### TASK ITEM
Find the line with "start offset = record" and the line with "-- The name" in the entries below; output exactly those two lines, every line between them, and no others.

### RECORDS FOR THIS TASK
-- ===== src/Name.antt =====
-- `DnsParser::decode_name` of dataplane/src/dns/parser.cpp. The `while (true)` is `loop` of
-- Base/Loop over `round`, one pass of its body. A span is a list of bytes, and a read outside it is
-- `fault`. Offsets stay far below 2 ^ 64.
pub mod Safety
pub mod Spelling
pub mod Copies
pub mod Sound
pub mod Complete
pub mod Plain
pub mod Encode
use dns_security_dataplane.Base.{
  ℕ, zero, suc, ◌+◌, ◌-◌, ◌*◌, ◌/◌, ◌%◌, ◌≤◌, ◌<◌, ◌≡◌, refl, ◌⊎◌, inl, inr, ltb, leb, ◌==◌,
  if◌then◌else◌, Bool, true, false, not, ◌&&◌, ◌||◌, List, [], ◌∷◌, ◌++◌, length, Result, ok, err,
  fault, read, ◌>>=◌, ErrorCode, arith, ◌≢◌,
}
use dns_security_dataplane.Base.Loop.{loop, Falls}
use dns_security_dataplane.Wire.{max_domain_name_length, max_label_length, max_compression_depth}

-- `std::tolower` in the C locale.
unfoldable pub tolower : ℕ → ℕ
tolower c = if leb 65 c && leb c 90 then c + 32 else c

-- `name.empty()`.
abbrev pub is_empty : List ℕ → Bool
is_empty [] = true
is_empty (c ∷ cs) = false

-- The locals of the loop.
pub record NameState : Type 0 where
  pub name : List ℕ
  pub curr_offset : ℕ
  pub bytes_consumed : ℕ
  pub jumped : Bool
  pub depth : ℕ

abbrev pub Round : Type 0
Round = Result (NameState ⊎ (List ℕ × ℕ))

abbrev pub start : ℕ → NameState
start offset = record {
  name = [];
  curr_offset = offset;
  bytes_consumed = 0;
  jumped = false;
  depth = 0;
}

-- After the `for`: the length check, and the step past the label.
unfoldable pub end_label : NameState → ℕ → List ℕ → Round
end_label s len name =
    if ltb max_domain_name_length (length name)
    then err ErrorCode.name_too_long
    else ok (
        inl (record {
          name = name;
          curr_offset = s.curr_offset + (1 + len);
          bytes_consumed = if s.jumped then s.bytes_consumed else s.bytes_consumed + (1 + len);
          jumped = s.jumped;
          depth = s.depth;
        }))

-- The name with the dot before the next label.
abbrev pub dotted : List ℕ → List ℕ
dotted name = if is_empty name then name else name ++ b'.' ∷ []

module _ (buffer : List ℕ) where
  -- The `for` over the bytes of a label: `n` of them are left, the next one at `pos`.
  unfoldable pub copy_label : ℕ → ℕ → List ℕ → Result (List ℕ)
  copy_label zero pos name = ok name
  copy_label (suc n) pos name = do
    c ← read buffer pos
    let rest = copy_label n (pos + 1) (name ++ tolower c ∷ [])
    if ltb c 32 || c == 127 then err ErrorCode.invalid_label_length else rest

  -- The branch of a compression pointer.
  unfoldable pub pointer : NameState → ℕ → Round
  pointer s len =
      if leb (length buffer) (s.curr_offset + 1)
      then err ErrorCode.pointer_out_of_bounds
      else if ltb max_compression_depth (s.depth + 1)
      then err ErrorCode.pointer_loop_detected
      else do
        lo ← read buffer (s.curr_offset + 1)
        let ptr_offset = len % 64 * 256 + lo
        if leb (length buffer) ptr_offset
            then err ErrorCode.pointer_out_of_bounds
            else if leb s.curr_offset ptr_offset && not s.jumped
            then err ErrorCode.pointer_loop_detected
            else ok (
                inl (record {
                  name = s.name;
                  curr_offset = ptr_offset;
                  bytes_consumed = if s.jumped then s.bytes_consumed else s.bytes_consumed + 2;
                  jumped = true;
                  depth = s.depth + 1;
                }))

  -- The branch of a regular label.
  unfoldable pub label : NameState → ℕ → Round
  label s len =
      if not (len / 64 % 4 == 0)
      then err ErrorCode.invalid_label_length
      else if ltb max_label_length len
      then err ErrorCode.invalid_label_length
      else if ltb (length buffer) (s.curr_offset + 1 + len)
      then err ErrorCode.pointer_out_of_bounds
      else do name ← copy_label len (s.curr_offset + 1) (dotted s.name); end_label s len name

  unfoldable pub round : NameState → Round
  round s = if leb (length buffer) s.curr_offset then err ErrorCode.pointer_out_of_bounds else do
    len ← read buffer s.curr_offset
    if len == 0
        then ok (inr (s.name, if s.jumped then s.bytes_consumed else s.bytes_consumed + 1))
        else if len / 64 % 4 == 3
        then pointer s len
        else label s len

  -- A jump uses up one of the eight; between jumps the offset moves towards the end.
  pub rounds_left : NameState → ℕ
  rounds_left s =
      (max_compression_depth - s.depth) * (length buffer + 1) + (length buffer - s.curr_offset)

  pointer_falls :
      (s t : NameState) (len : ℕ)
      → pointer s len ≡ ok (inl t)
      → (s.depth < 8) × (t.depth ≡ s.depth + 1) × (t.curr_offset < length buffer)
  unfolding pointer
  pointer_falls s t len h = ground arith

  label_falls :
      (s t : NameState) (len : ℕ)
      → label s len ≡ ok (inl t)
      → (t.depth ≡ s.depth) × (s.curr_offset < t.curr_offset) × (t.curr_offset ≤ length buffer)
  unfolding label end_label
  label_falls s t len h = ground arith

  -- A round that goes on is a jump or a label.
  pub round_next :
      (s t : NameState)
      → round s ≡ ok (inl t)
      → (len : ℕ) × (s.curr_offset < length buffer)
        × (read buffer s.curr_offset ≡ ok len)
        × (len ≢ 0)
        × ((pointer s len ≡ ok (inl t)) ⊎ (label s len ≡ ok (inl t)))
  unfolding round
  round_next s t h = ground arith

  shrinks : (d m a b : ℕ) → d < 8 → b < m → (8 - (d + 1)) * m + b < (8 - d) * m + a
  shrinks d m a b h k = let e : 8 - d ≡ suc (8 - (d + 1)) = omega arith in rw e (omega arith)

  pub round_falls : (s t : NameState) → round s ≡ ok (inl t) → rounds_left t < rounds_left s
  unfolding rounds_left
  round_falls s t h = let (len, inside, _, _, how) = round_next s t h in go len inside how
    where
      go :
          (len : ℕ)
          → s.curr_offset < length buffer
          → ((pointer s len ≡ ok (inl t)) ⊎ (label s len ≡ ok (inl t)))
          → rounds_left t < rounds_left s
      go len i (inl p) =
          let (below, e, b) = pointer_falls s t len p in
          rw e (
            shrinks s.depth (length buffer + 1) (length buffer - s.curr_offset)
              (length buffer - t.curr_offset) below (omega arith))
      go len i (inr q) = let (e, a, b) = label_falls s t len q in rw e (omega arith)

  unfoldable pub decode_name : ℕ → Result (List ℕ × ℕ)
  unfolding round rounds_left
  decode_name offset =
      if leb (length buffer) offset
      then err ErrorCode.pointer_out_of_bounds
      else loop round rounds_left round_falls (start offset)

--

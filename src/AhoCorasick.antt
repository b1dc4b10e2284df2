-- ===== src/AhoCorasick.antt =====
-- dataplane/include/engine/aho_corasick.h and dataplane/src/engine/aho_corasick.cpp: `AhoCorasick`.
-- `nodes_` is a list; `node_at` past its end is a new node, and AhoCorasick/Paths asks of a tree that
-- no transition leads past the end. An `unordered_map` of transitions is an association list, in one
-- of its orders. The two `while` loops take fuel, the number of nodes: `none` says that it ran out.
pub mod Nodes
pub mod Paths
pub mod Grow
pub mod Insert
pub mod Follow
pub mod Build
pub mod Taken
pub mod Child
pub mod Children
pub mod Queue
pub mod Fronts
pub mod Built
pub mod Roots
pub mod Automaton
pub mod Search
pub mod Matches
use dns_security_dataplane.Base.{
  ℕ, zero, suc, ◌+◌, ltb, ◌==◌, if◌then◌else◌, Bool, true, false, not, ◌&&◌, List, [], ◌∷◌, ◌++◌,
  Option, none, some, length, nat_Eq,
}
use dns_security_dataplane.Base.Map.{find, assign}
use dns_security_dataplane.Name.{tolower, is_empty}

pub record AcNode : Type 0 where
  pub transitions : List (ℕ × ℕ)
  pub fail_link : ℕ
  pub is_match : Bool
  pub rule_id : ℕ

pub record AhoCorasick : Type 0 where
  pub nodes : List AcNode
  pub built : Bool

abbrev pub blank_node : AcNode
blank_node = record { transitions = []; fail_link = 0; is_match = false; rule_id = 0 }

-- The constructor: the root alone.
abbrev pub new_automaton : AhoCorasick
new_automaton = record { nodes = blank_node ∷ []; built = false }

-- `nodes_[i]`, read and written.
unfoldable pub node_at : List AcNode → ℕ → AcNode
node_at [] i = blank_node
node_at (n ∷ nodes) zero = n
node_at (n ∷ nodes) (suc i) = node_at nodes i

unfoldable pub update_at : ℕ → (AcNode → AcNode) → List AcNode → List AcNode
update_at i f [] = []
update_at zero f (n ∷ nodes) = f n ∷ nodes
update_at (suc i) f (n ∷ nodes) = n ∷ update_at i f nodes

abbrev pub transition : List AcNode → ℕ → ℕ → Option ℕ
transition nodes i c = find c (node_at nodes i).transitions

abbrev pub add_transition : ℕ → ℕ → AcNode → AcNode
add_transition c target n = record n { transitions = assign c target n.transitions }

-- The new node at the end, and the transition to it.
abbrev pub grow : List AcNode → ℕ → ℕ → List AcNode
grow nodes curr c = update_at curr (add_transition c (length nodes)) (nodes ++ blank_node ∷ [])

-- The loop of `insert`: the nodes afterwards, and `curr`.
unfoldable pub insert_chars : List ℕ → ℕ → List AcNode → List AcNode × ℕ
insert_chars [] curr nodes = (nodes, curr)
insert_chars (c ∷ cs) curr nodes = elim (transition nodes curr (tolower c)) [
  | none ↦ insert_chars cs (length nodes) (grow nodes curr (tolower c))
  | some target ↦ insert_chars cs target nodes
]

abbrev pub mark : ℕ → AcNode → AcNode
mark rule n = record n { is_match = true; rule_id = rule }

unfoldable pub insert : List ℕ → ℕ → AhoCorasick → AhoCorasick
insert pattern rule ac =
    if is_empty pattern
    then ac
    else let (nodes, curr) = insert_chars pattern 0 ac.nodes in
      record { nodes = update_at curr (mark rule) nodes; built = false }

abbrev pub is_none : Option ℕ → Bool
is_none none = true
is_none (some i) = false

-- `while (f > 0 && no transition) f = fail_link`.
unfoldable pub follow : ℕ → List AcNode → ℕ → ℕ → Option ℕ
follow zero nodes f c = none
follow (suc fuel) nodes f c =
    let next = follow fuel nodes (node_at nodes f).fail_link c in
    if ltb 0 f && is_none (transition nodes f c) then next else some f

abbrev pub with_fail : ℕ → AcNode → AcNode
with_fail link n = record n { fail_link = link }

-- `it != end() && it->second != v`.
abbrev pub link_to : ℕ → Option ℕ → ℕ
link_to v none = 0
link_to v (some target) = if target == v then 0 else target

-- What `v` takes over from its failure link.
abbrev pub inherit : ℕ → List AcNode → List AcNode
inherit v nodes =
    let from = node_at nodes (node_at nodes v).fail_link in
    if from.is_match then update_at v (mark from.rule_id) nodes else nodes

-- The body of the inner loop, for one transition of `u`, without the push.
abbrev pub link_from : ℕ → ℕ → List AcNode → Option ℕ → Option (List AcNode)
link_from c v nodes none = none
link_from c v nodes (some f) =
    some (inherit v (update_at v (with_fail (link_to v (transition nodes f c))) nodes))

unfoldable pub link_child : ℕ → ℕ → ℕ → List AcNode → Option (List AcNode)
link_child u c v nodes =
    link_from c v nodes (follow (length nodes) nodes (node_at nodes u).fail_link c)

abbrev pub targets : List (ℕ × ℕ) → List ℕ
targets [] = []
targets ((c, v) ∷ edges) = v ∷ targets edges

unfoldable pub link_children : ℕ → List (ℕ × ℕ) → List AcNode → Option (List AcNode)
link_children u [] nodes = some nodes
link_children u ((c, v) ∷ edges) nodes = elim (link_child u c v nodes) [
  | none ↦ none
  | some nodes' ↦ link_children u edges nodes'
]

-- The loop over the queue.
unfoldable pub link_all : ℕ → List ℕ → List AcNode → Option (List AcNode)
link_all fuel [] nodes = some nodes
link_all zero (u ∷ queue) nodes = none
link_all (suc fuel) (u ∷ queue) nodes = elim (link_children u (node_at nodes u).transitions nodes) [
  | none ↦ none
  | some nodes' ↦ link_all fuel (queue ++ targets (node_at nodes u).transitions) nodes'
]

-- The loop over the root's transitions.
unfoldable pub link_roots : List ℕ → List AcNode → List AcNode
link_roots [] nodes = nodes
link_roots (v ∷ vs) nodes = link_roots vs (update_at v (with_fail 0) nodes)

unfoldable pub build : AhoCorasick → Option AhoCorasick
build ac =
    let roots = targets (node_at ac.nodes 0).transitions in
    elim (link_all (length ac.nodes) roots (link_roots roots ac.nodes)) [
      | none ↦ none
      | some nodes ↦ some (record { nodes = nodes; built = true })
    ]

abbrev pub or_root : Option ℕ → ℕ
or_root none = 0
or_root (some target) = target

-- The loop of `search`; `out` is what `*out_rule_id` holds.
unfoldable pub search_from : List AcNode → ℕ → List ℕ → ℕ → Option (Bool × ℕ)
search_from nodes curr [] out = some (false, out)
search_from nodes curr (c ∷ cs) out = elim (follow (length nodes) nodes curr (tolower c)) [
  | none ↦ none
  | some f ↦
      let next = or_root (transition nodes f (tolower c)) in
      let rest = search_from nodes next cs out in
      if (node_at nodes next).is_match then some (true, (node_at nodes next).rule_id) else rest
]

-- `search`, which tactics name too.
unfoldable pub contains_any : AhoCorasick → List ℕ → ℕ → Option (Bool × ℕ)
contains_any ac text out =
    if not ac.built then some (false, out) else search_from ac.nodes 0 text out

==

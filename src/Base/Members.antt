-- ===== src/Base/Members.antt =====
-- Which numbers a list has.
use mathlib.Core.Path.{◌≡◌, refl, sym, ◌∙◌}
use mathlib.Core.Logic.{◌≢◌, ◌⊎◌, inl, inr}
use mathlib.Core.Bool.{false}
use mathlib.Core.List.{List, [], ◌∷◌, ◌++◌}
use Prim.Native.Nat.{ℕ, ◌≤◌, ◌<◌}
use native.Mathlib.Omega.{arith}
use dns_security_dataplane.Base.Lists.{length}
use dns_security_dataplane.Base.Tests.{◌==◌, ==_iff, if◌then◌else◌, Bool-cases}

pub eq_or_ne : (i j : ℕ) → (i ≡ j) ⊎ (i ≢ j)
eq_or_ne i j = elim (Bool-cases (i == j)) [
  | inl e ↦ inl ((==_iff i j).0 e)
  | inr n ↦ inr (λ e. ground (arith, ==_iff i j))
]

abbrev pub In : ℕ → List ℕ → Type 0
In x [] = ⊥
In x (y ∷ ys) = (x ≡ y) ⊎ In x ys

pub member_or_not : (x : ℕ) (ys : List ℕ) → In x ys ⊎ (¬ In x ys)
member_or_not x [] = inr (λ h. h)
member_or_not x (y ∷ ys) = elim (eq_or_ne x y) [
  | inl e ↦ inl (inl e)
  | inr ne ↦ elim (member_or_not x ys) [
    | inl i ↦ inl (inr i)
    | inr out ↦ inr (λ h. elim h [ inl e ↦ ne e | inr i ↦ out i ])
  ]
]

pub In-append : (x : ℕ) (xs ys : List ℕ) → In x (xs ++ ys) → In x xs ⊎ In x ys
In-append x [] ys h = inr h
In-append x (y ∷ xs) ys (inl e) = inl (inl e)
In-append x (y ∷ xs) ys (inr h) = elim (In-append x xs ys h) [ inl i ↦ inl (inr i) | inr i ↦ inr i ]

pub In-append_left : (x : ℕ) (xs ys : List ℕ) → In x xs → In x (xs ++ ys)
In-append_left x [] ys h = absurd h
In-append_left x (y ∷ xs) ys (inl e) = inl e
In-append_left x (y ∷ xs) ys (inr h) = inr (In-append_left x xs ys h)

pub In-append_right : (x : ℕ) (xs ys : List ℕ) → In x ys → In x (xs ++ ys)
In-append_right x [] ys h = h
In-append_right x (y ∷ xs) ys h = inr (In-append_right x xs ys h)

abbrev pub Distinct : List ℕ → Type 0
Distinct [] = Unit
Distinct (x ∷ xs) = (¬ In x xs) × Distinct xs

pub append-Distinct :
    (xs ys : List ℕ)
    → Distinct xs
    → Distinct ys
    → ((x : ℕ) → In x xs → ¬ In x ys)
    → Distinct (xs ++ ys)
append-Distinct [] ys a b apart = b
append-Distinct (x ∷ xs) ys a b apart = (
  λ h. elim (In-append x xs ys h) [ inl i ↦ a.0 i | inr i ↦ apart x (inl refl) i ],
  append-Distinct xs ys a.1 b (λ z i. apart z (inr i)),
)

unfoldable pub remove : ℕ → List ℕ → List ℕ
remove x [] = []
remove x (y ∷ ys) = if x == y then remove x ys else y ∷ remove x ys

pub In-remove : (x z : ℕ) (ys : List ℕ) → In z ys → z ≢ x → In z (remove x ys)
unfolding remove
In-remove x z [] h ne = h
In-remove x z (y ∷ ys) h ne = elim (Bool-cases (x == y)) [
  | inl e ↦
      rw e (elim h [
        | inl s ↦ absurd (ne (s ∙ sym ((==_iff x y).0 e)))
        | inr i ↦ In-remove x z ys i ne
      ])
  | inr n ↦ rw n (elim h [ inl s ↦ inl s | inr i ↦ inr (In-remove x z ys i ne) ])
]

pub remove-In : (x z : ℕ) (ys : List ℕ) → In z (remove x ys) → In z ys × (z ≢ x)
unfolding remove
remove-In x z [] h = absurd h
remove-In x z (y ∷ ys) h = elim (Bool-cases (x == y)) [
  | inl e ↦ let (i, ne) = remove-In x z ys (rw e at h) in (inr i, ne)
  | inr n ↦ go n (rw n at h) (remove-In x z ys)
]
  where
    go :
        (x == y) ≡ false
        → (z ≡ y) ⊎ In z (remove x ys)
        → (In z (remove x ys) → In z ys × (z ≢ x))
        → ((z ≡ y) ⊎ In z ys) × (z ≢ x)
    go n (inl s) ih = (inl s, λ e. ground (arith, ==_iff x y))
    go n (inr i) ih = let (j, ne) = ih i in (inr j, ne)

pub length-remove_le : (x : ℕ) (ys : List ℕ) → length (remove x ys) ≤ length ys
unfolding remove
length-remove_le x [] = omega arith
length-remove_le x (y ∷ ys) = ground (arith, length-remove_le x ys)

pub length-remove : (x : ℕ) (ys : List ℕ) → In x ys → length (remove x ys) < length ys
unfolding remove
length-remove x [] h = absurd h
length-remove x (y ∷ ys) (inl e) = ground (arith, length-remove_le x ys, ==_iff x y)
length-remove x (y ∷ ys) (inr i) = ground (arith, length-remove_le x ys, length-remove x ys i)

### SOLUTION
start offset = record {
  name = [];
  curr_offset = offset;
  bytes_consumed = 0;
  jumped = false;
  depth = 0;
}

-- After the `for`: the length check, and the step past the label.
unfoldable pub end_label : NameState → ℕ → List ℕ → Round
end_label s len name =
    if ltb max_domain_name_length (length name)
    then err ErrorCode.name_too_long
    else ok (
        inl (record {
          name = name;
          curr_offset = s.curr_offset + (1 + len);
          bytes_consumed = if s.jumped then s.bytes_consumed else s.bytes_consumed + (1 + len);
          jumped = s.jumped;
          depth = s.depth;
        }))

-- The name with the dot before the next label.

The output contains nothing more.